Only the lines with "that" in the entries below belong in the answer; please copy them.

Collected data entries
*** Block opens ***
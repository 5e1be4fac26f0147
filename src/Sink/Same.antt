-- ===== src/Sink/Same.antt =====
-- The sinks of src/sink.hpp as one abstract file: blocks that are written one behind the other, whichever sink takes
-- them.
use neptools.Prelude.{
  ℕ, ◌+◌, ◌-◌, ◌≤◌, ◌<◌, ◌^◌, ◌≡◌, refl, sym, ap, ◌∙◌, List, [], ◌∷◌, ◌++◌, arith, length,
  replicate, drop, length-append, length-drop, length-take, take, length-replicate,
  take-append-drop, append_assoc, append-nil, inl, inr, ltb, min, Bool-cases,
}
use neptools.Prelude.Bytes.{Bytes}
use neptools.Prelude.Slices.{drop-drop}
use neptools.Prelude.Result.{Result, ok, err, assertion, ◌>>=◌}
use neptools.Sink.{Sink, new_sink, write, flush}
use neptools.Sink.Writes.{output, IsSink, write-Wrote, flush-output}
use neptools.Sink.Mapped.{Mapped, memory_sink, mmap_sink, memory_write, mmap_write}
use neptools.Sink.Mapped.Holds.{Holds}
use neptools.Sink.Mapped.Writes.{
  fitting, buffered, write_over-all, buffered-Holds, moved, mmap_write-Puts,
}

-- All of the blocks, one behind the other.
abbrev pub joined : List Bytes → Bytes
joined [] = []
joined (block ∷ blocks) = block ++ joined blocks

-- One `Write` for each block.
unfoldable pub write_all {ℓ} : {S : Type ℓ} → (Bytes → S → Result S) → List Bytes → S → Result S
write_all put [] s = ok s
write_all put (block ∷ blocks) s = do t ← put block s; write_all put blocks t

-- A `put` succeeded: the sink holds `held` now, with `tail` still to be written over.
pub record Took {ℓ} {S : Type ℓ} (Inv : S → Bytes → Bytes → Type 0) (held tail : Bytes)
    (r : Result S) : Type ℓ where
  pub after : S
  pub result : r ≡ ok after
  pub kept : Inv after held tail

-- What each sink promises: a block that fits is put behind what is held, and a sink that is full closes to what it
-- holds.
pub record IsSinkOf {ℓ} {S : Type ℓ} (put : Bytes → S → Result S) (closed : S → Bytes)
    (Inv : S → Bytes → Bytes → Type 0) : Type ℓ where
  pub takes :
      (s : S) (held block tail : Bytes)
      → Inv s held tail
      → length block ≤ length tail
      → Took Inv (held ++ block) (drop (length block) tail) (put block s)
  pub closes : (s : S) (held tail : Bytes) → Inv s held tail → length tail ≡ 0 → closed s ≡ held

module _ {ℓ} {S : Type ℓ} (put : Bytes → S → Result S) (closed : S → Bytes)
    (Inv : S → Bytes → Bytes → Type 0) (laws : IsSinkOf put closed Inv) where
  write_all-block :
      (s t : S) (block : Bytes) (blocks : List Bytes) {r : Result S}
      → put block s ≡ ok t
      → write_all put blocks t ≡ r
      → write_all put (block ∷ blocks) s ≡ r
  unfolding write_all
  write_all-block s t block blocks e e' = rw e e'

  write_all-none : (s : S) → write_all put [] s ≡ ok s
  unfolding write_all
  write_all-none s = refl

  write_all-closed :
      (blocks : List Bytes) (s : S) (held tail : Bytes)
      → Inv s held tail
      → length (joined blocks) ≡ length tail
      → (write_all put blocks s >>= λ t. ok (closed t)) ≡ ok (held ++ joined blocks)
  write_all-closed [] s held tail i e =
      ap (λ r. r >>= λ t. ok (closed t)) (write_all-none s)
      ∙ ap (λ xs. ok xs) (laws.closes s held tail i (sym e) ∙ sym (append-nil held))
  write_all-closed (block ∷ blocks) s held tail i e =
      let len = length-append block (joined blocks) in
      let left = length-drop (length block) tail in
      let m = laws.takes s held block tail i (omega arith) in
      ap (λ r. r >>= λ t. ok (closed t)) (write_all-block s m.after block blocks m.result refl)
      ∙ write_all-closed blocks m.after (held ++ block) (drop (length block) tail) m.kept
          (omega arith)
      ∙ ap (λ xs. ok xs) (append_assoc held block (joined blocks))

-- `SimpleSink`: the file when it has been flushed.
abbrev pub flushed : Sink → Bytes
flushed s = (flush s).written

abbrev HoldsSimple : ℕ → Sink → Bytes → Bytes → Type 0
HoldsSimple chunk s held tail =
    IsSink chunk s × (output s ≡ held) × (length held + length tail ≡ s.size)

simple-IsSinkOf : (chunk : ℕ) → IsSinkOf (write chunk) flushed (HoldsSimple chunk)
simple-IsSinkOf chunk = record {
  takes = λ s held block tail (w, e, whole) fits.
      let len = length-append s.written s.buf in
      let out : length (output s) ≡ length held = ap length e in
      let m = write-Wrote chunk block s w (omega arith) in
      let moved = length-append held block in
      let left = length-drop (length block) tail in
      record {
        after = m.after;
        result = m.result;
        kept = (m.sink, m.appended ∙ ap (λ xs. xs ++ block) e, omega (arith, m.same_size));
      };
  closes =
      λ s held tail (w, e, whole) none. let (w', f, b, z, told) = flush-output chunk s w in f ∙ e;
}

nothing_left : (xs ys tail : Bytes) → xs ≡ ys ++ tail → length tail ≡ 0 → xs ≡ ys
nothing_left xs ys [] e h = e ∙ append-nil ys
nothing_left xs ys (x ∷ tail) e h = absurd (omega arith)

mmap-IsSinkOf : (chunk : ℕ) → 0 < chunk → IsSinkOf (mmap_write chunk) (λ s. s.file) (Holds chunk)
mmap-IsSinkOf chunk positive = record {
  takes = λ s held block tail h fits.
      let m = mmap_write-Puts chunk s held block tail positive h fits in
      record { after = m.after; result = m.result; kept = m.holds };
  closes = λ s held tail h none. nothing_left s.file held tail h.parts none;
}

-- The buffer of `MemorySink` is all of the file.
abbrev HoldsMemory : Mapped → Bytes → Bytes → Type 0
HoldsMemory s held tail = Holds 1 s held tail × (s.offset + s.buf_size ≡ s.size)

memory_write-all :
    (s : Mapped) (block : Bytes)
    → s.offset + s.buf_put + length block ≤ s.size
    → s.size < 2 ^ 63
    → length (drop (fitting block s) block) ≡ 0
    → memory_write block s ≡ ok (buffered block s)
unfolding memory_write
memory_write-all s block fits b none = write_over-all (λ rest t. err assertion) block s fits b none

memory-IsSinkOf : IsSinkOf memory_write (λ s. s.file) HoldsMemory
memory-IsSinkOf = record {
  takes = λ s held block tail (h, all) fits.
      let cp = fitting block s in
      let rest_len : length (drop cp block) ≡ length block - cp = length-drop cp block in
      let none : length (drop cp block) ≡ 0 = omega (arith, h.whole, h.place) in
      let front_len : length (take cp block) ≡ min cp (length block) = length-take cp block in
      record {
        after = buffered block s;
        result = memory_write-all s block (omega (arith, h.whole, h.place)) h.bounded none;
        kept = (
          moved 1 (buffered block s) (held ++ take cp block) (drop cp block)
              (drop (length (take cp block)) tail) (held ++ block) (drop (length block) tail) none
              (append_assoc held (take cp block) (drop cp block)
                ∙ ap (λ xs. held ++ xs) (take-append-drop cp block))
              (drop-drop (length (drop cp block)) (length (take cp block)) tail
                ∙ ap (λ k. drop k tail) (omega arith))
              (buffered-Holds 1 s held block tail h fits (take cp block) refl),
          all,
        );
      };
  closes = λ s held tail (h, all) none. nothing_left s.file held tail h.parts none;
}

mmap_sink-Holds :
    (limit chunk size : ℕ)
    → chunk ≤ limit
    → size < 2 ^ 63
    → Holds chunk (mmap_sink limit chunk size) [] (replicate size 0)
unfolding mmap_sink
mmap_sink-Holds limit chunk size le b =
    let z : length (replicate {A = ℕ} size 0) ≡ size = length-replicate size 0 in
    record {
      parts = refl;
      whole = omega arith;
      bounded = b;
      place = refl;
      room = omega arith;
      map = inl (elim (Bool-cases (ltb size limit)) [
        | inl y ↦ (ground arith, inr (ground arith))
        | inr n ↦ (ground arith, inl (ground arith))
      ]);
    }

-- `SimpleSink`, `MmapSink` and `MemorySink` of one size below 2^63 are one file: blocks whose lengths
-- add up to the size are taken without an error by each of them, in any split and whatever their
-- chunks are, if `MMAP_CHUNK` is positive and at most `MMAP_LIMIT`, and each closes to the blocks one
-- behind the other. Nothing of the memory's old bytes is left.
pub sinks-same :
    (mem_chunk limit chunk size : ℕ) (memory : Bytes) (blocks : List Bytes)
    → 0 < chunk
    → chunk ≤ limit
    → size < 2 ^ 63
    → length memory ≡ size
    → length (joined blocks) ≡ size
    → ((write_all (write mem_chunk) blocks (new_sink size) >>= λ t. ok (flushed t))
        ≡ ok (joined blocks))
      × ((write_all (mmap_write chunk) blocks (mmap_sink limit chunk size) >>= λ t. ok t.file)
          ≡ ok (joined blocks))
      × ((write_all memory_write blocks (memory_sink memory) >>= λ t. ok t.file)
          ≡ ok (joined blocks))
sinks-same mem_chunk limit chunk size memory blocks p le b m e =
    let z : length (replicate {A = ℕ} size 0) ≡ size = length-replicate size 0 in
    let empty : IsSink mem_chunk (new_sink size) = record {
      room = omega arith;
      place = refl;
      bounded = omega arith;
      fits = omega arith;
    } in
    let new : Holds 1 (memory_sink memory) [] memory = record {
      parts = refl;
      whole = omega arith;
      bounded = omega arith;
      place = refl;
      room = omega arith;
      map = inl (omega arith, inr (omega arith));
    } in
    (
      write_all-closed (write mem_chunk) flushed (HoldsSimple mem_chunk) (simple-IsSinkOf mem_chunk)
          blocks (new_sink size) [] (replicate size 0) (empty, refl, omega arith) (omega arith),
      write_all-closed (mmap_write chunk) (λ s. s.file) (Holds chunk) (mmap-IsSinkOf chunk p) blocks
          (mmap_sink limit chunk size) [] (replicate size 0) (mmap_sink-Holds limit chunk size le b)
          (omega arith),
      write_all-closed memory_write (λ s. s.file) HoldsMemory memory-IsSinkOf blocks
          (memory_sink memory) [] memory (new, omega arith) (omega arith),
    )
*** Block closes ***
> **RESPONSE TO THIS EXERCISE**
-- The sinks of src/sink.hpp as one abstract file: blocks that are written one behind the other, whichever sink takes
-- What each sink promises: a block that fits is put behind what is held, and a sink that is full closes to what it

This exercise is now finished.